Revere Beach, which is managed by the Massachusetts Department of Conservation and Recreation, May 25, 2020. (Robin Lubbock/WBUR)
Revere Beach, which is managed by the Massachusetts Department of Conservation and Recreation, May 25, 2020. (Robin Lubbock/WBUR)

The mayor of Revere is joining the Healey administration as the commissioner of the Department of Conservation and Recreation, where he will oversee the state's network of public parks and beaches.

Brian Arrigo was introduced as commissioner of the DCR early Monday morning. He plans to resign as mayor on April 21, ending a run that began in 2016, and to start work for the state on April 24.

In making the announcement, the Executive Office of Energy and Environmental Affairs credited Arrigo for his work developing Revere's first master plan in more than 40 years, the creation of a 311-constituent service office, and the construction of a new Department of Public Works facility and a new Point of Pines Fire Station, as well as efforts to encourage public and private investments along Revere Beach, Shirley Avenue and Suffolk Downs.

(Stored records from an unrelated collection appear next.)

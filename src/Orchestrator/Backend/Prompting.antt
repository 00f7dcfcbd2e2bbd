-- ===== src/Orchestrator/Backend/Prompting.antt =====
-- The parts of orchestrator/roles/backend.py that make the texts for the language model: the comments of an
-- issue, the tree of the repository and the command of the tests. `textwrap.shorten` and the sorted listing of a folder
-- are arguments.
use talki_llm_admission_sche.Base.{
  ℕ, zero, suc, ◌+◌, ◌-◌, ◌≤◌, ◌<◌, leb, ◌||◌, Bool, true, false, Bool-cases, inl, inr, Option,
  none, some, List, [], ◌∷◌, ◌++◌, codes, length, if◌then◌else◌, arith,
}
use talki_llm_admission_sche.Base.Int.{pos}
use talki_llm_admission_sche.Base.Decimal
use talki_llm_admission_sche.Orchestrator.Text.{
  Text, is_empty, same_text, strip, lstrip_by, rstrip_by,
}

-- A comment, with the login of its user and its body, each of which may be missing.
pub record IssueComment : Type 0 where
  pub login : Option Text
  pub body : Option Text

abbrev or_empty : Option Text → Text
or_empty none = []
or_empty (some t) = t

abbrev or_unknown : Text → Text
or_unknown t = if is_empty t then codes "?" else t

-- `comments[-10:]`
unfoldable pub drop : {A : Type 0} → ℕ → List A → List A
drop zero l = l
drop (suc n) [] = []
drop (suc n) (x ∷ l) = drop n l

abbrev pub last_ten : {A : Type 0} → List A → List A
last_ten l = drop (length l - 10) l

abbrev pub comment_line : (Text → Text) → IssueComment → Text → List Text
comment_line shorten c body =
    if is_empty body
    then []
    else (codes "- @" ++ or_unknown (or_empty c.login) ++ codes ": " ++ shorten body) ∷ []

unfoldable pub comment_lines : (Text → Text) → List IssueComment → List Text
unfolding strip lstrip_by rstrip_by
comment_lines shorten [] = []
comment_lines shorten (c ∷ cs) =
    comment_line shorten c (strip (or_empty c.body)) ++ comment_lines shorten cs

-- `"\n".join(lines)`
unfoldable pub join_lines : List Text → Text
join_lines [] = []
join_lines (l ∷ []) = l
join_lines (l ∷ k ∷ ls) = l ++ b'\n' ∷ join_lines (k ∷ ls)

abbrev or_text : Text → Text → Text
or_text t d = if is_empty t then d else t

-- `_format_comments`
unfoldable pub format_comments : (Text → Text) → List IssueComment → Text
unfolding comment_lines join_lines drop
format_comments shorten [] = codes "(aucun commentaire)"
format_comments shorten (c ∷ cs) =
    or_text (join_lines (comment_lines shorten (last_ten (c ∷ cs))))
      (codes "(aucun commentaire significatif)")

-- An entry below a folder: the parts of its path, whether it is a file, and its path from the folder's parent.
pub record Entry : Type 0 where
  pub parts : List Text
  pub is_file : Bool
  pub shown : Text

unfoldable pub has_part : Text → List Text → Bool
unfolding same_text
has_part name [] = false
has_part name (p ∷ parts) = same_text p name || has_part name parts

abbrev pub in_cache : Entry → Bool
in_cache e = has_part (codes "__pycache__") e.parts || has_part (codes ".pytest_cache") e.parts

abbrev pub truncated : ℕ → Text
truncated max_lines =
    codes "… (tronqué à " ++ codes (Decimal.str (pos max_lines)) ++ codes " entrées)"

-- The lines of the loop, after `n` lines.
unfoldable pub tree_lines : ℕ → ℕ → List Entry → List Text
unfolding has_part
tree_lines max_lines n [] = []
tree_lines max_lines n (e ∷ es) = elim (in_cache e) [
  | true ↦ tree_lines max_lines n es
  | false ↦ elim e.is_file [
    | true ↦ e.shown ∷ (elim (leb max_lines (suc n)) [
      | true ↦ truncated max_lines ∷ []
      | false ↦ tree_lines max_lines (suc n) es
    ])
    | false ↦ elim (leb max_lines n) [
      | true ↦ truncated max_lines ∷ []
      | false ↦ tree_lines max_lines n es
    ]
  ]
]

-- `_repo_tree`, of a folder that is there with its sorted entries, or is not
unfoldable pub repo_tree : ℕ → Option (List Entry) → Text
unfolding tree_lines join_lines
repo_tree max_lines none = codes "(répertoire absent)"
repo_tree max_lines (some entries) = join_lines (tree_lines max_lines 0 entries)

-- `_resolve_pytest_cmd`, by whether the worktree has the interpreter of the venv
unfoldable pub resolve_pytest_cmd : Text → Bool → List Text
resolve_pytest_cmd venv_py there =
    (if there then venv_py else codes "python3") ∷ codes "-m" ∷ codes "pytest" ∷ []

-- The tree never has more than `max_lines` lines and the line that says it is cut.
tree_lines_short :
    (max_lines n : ℕ) (es : List Entry)
    → n < max_lines
    → n + length (tree_lines max_lines n es) ≤ suc max_lines
unfolding tree_lines
tree_lines_short max_lines n [] lt = omega arith
tree_lines_short max_lines n (e ∷ es) lt = elim (Bool-cases (in_cache e)) [
  | inl c ↦ rw (c, length) (tree_lines_short max_lines n es lt)
  | inr k ↦ elim (Bool-cases e.is_file) [
    | inl f ↦ elim (Bool-cases (leb max_lines (suc n))) [
      | inl full ↦ rw (k, f, full, length) (omega arith)
      | inr room ↦
          rw (k, f, room, length)
            (omega (arith, tree_lines_short max_lines (suc n) es (ground arith)))
    ]
    | inr f ↦ elim (Bool-cases (leb max_lines n)) [
      | inl full ↦ rw (k, f, full, length) (ground arith)
      | inr room ↦ rw (k, f, room, length) (tree_lines_short max_lines n es lt)
    ]
  ]
]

Arrigo previously served on the Revere City Council and in 2014-2015 he worked as operating budget manager at the MBTA. For three years starting in January 2006, Arrigo was deputy budget director and fiscal policy analyst at the Senate Ways and Means Committee.

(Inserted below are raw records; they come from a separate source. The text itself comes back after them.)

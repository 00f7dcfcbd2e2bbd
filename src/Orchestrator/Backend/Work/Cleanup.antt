-- ===== src/Orchestrator/Backend/Work/Cleanup.antt =====
-- The worktree is removed, and the tests are tried a bounded number of times.
use talki_llm_admission_sche.Base.{ℕ, ◌≡◌, refl, ◌∙◌, Option, none, some, List, ◌∷◌, length}
use talki_llm_admission_sche.Orchestrator.Actions.{
  Action, Failure, Result, ok, failed, pure, perform, try_any, answer_of, crashed, remove_worktree,
}
use talki_llm_admission_sche.Orchestrator.Actions.Rules.{finally_trace}
use talki_llm_admission_sche.Orchestrator.Backend.{Env}
use talki_llm_admission_sche.Orchestrator.Backend.Work.{in_worktree, produce, block}

removal_last :
    (n : ℕ) (l : List Action) (o : Option Failure)
    → (elim (answer_of o) as (λ _. Result (Unit {0}) × List Action) [
      | ok a ↦ (ok a, remove_worktree n ∷ l)
      | failed e ↦ pure tt (remove_worktree n ∷ l)
    ]).1
      ≡ remove_worktree n ∷ l
removal_last n l none = refl
removal_last n l (some e) = refl

-- However the work on an issue ends, in a pull request, a block, or an exception of `_block` itself, the
-- last that the agent does in a worktree is to remove it.
pub in_worktree_removes :
    (env : Env) (n : ℕ) (l : List Action)
    → (before : List Action) × ((in_worktree env n l).1 ≡ remove_worktree n ∷ before)
unfolding in_worktree
in_worktree_removes env n l =
    let work = try_any (produce env n) (block env n crashed) in
    let (r, before) = work l in
    (
      before,
      finally_trace work (try_any (perform env.failure (remove_worktree n)) (pure tt)) l
          ∙ removal_last n before (env.failure (length before)),
    )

Arrigo's city is home to Revere Beach Reservation, which DCR describes as "the first public beach established in the United States."

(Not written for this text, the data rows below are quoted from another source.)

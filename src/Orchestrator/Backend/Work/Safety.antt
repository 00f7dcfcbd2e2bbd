-- ===== src/Orchestrator/Backend/Work/Safety.antt =====
-- What the backend agent writes, pushes and asks of GitHub.
use talki_llm_admission_sche.Base.{
  ℕ, zero, suc, String, ◌≡◌, refl, inl, inr, length, Bool, true, false, Option, none, some, List,
  [], ◌∷◌, All,
}
use talki_llm_admission_sche.Orchestrator.Text.{Text}
use talki_llm_admission_sche.Orchestrator.Labels.{review_label}
use talki_llm_admission_sche.Orchestrator.Actions.{
  Action, Obstacle, no_worktree, crashed, nothing_generated, nothing_to_commit, forbidden_paths,
  git_failed, M, pure, perform, observe, try_github, ◌>>=◌, ◌>>◌, list_open, list_comments, comment,
  worked_in, tests_red, add_labels, remove_label, create_pr, update_base, create_worktree,
  remove_worktree, git_add, git_diff, git_commit, git_push, log_event,
}
use talki_llm_admission_sche.Orchestrator.Actions.Rules.{
  Only, only, pure-Only, bind-Only, then-Only, perform-Only, try_any-Only, try_github-Only,
  try_worktree-Only, finally-Only, observe-Only, branch-Only, split-Only, option-Only,
}
use talki_llm_admission_sche.Orchestrator.Actions.Results.{
  Gives, pure-Gives, then-Gives, try_github-Gives, bind-Gives,
}
use talki_llm_admission_sche.Orchestrator.Backend.{
  FileChange, GeneratedChanges, Issue, Env, candidates, inprogress_label, done_label, next_issue,
}
use talki_llm_admission_sche.Orchestrator.Backend.Paths.{validate_paths}
use talki_llm_admission_sche.Orchestrator.Backend.Changes.{
  is_nil, finish_changes, generate_changes, finish_fix, generate_fix,
}
use talki_llm_admission_sche.Orchestrator.Backend.Trial.{
  TestResult, targets, pytest, full_utils_tests, try_tests, red, green_after, retries,
  max_test_retries, run_tests_with_retries,
}
use talki_llm_admission_sche.Orchestrator.Backend.Permitted.{
  Permitted, IsNewPr, block-Only, ask-Only, finish_changes-Only, finish_fix-Only,
  checked_write-Only,
}
use talki_llm_admission_sche.Orchestrator.Backend.Choice.{IsPicked, next_issue-IsPicked}
use talki_llm_admission_sche.Orchestrator.Backend.Work.{
  git_step, commit_and_push, open_pr, deliver, by_obstacle, apply_changes, by_changes, produce,
  in_worktree, prepare, work_one, work_on, list_issues, heartbeat,
}

module _ (env : Env) (P : ℕ → Type 0) where
  pytest-Only : (files : List Text) → Only (Permitted env P) (pytest env files)
  unfolding pytest
  pytest-Only [] = search only
  pytest-Only (f ∷ files) = search only

  try_tests-Only : (tests : List FileChange) → Only (Permitted env P) (try_tests env tests)
  unfolding try_tests
  try_tests-Only tests = bind-Only (pytest-Only (targets tests)) λ passed.
      then-Only (perform-Only env.failure (log_event "backend-test-retry") tt) (
        branch-Only passed
          (bind-Only (observe-Only env.listing) λ listing.
            bind-Only (pytest-Only (full_utils_tests listing)) λ full.
              then-Only (perform-Only env.failure (log_event "backend-test-retry") tt)
                (pure-Only full))
          (pure-Only false))

  commit_and_push-Only : (n : ℕ) → P n → Only (Permitted env P) (commit_and_push env n)
  unfolding commit_and_push
  commit_and_push-Only n taken = step-Only (git_add n) "git add" taken (
      then-Only (perform-Only env.failure (git_diff n) taken) (
        bind-Only (observe-Only env.staged) λ staged.
          branch-Only staged
            (step-Only (git_commit n) "git commit" taken
              (step-Only (git_push n) "git push" taken (pure-Only none)))
            (pure-Only (some nothing_to_commit))))
    where
      step-Only :
          (a : Action) (name : String)
          → Permitted env P a
          → {k : M (Option Obstacle)} → Only (Permitted env P) k
          → Only (Permitted env P) (git_step env (perform env.failure a) name k)
      step-Only a name may hk = then-Only (perform-Only env.failure a may) (
          bind-Only (observe-Only env.succeeds)
            λ succeeded. branch-Only succeeded hk (pure-Only (some (git_failed name))))

  log_red-Only :
      (event : String) (t : TestResult)
      → Only (Permitted env P) (perform env.failure (log_event event) >> pure t)
  log_red-Only event t = search only

  retries-Only :
      (n : ℕ)
      → P n
      → (left attempts : ℕ) (current : GeneratedChanges)
      → Only (Permitted env P) (retries env (env.worktree n) left attempts current)
  unfolding retries generate_fix
  retries-Only n taken zero attempts current = pure-Only (red attempts)
  retries-Only n taken (suc left) attempts current =
      bind-Only (ask-Only env P (finish_fix env current) (finish_fix-Only env P current)) λ fix.
        option-Only fix (log_red-Only "backend-test-retry" (red (suc attempts))) λ changes.
          split-Only (is_nil (validate_paths changes))
            (λ h. then-Only (checked_write-Only env P n taken changes h) (
              bind-Only (try_tests-Only changes.tests) λ passed.
                branch-Only passed (pure-Only (green_after (suc attempts)))
                  (retries-Only n taken left (suc attempts) changes)))
            (λ h. log_red-Only "backend-test-retry" (red (suc attempts)))

  run_tests_with_retries-Only :
      (n : ℕ)
      → P n
      → (changes : GeneratedChanges)
      → Only (Permitted env P) (run_tests_with_retries env (env.worktree n) changes)
  unfolding run_tests_with_retries
  run_tests_with_retries-Only n taken changes = bind-Only (try_tests-Only changes.tests) λ passed.
      branch-Only passed (pure-Only (green_after 1))
        (retries-Only n taken max_test_retries 1 changes)

  label_pr-Gives :
      (pr : ℕ) (green : Bool)
      → IsNewPr env pr
      → Gives (Permitted env P) (IsNewPr env) (elim green [
        | true ↦ pure pr
        | false ↦ (do
          try_github (perform env.failure (add_labels pr (review_label ∷ []))) (λ _. pure tt)
          pure pr)
      ])
  label_pr-Gives pr true new = pure-Gives pr new
  label_pr-Gives pr false new =
      then-Gives
        (try_github-Only (perform-Only env.failure (add_labels pr (review_label ∷ [])) (inr new))
          (λ _. pure-Only tt))
        (pure-Gives pr new)

  read_pr-Gives :
      (green : Bool)
      → Gives (Permitted env P) (IsNewPr env) (
          observe env.new_pr >>= λ pr. elim green [
            | true ↦ pure pr
            | false ↦ (do
              try_github (perform env.failure (add_labels pr (review_label ∷ []))) (λ _. pure tt)
              pure pr)
          ])
  read_pr-Gives green = record {
    run = λ l h. (label_pr-Gives (env.new_pr (length l)) green (length l, refl)).run l h;
  }

  open_pr-Gives :
      (n : ℕ) → P n → (green : Bool) → Gives (Permitted env P) (IsNewPr env) (open_pr env n green)
  unfolding open_pr
  open_pr-Gives n taken green =
      then-Gives (perform-Only env.failure (create_pr n) taken) (read_pr-Gives green)

  deliver-Only :
      (n : ℕ) → P n → (result : TestResult) → Only (Permitted env P) (deliver env n result)
  unfolding deliver
  deliver-Only n taken result = bind-Gives (open_pr-Gives n taken result.green) λ pr new.
      then-Only
        (branch-Only result.green (pure-Only tt) (
          try_github-Only
            (perform-Only env.failure (comment pr (tests_red result.attempts)) (inr new))
            (λ _. pure-Only tt)))
        (then-Only (perform-Only env.failure (comment n (worked_in pr)) (inl taken)) (
          then-Only (perform-Only env.failure (remove_label n inprogress_label) taken) (
            then-Only (perform-Only env.failure (add_labels n (done_label ∷ [])) (inl taken))
              (perform-Only env.failure (log_event "done") tt))))

  by_obstacle-Only :
      (n : ℕ)
      → P n
      → (result : TestResult) (o : Option Obstacle)
      → Only (Permitted env P) (by_obstacle env n result o)
  by_obstacle-Only n taken result (some reason) = block-Only env P n taken reason
  by_obstacle-Only n taken result none = deliver-Only n taken result

  by_changes-Only :
      (n : ℕ) → P n → (o : Option GeneratedChanges) → Only (Permitted env P) (by_changes env n o)
  by_changes-Only n taken none = block-Only env P n taken nothing_generated
  by_changes-Only n taken (some changes) =
      split-Only (is_nil (validate_paths changes))
        (λ h.
          unfold apply_changes in
          then-Only (checked_write-Only env P n taken changes h) (
            bind-Only (run_tests_with_retries-Only n taken changes)
              λ result. bind-Only (commit_and_push-Only n taken) (by_obstacle-Only n taken result)))
        (λ h. block-Only env P n taken (forbidden_paths (validate_paths changes)))

  work_one-Only : (n : ℕ) → P n → Only (Permitted env P) (work_one env n)
  unfolding work_one prepare in_worktree produce generate_changes
  work_one-Only n taken = then-Only (perform-Only env.failure (log_event "pick") tt) (
      then-Only (perform-Only env.failure (add_labels n (inprogress_label ∷ [])) (inl taken)) (
        bind-Only
          (try_worktree-Only
            (then-Only (perform-Only env.failure update_base tt)
              (then-Only (perform-Only env.failure (create_worktree n) taken) (pure-Only true)))
            (then-Only (block-Only env P n taken no_worktree) (pure-Only false)))
          (λ ready.
            branch-Only ready
              (finally-Only
                (try_any-Only
                  (then-Only
                    (try_github-Only (perform-Only env.failure (list_comments n) taken)
                      (λ _. pure-Only tt))
                    (bind-Only (ask-Only env P (finish_changes env) (finish_changes-Only env P))
                      (by_changes-Only n taken)))
                  (block-Only env P n taken crashed))
                (try_any-Only (perform-Only env.failure (remove_worktree n) taken) (pure-Only tt)))
              (pure-Only tt))))

  work_on-Only :
      (o : Option Issue)
      → ((i : Issue) → o ≡ some i → P i.number)
      → Only (Permitted env P) (work_on env o)
  work_on-Only none taken = pure-Only tt
  work_on-Only (some i) taken = work_one-Only i.number (taken i refl)

-- Whatever fails, and whatever the language model writes, one heartbeat of the backend agent makes a
-- worktree, commits, pushes, opens a pull request and removes a label only for an open issue that has none of the labels
-- in-progress, worked, blocked and needs-human-review, and the lowest number of such; it comments on and
-- adds labels to that issue and the pull request that it has opened, and no other; it writes only to the places of paths
-- that the check of the paths accepts, joined to the worktree of that issue (an absolute path, which the check
-- takes without its slashes, stays as it is); and it approves, merges and closes no pull request and
-- replaces no labels.
pub backend_heartbeat_safe :
    (env : Env) (paused : Bool)
    → All (Permitted env (IsPicked env.open_issues)) (heartbeat env paused []).1
unfolding heartbeat list_issues next_issue candidates
backend_heartbeat_safe env paused =
    let P = IsPicked env.open_issues in
    (branch-Only paused (perform-Only env.failure (log_event "paused") tt) (
        bind-Gives {R = λ issues. Only (Permitted env P) (work_on env (next_issue issues))}
          (try_github-Gives
            (then-Gives (perform-Only env.failure (list_open 0) tt) (
              pure-Gives env.open_issues (
                work_on-Only env P (next_issue env.open_issues)
                  (next_issue-IsPicked env.open_issues))))
            (λ _.
              then-Gives (perform-Only env.failure (log_event "heartbeat-fail") tt)
                (pure-Gives [] (pure-Only tt))))
          (λ issues h. h))).run
      [] tt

"Policymaking is about more than laws and budgets — it's about building happy, healthy communities for our residents. Mayor Arrigo understands, as I do, that DCR is central to those efforts," Gov. Maura Healey said in a statement. "He has extensive experience transforming Revere's waterfront and managing public lands. I know he will work tirelessly so everyone in our state has access to well-maintained green spaces and fun activities for all ages."

Said Energy and Environmental Affairs Secretary Rebecca Tepper: "It's time we think bigger about the role of the Department of Conservation and Recreation in our state. DCR manages 450,000 acres of land in Massachusetts — from forests to urban oases. We need a Commissioner like Mayor Arrigo who understands the vital role our parks system, tree planting efforts, and conservation work intersect with public health and the climate crisis."

The new appointee mentioned stepping up tree-planting efforts and improving park maintenance as priorities.

Arrigo was first elected mayor in 2015 and reelected in 2019. He is currently serving the last year in his four-year term.

Healey has proposed a $150.5 million budget for DCR in fiscal 2024. That would represent a 12% increase and includes $5 million to begin addressing a backlog of maintenance projects. House Democrats this week are expected to release their redraft of the governor's budget.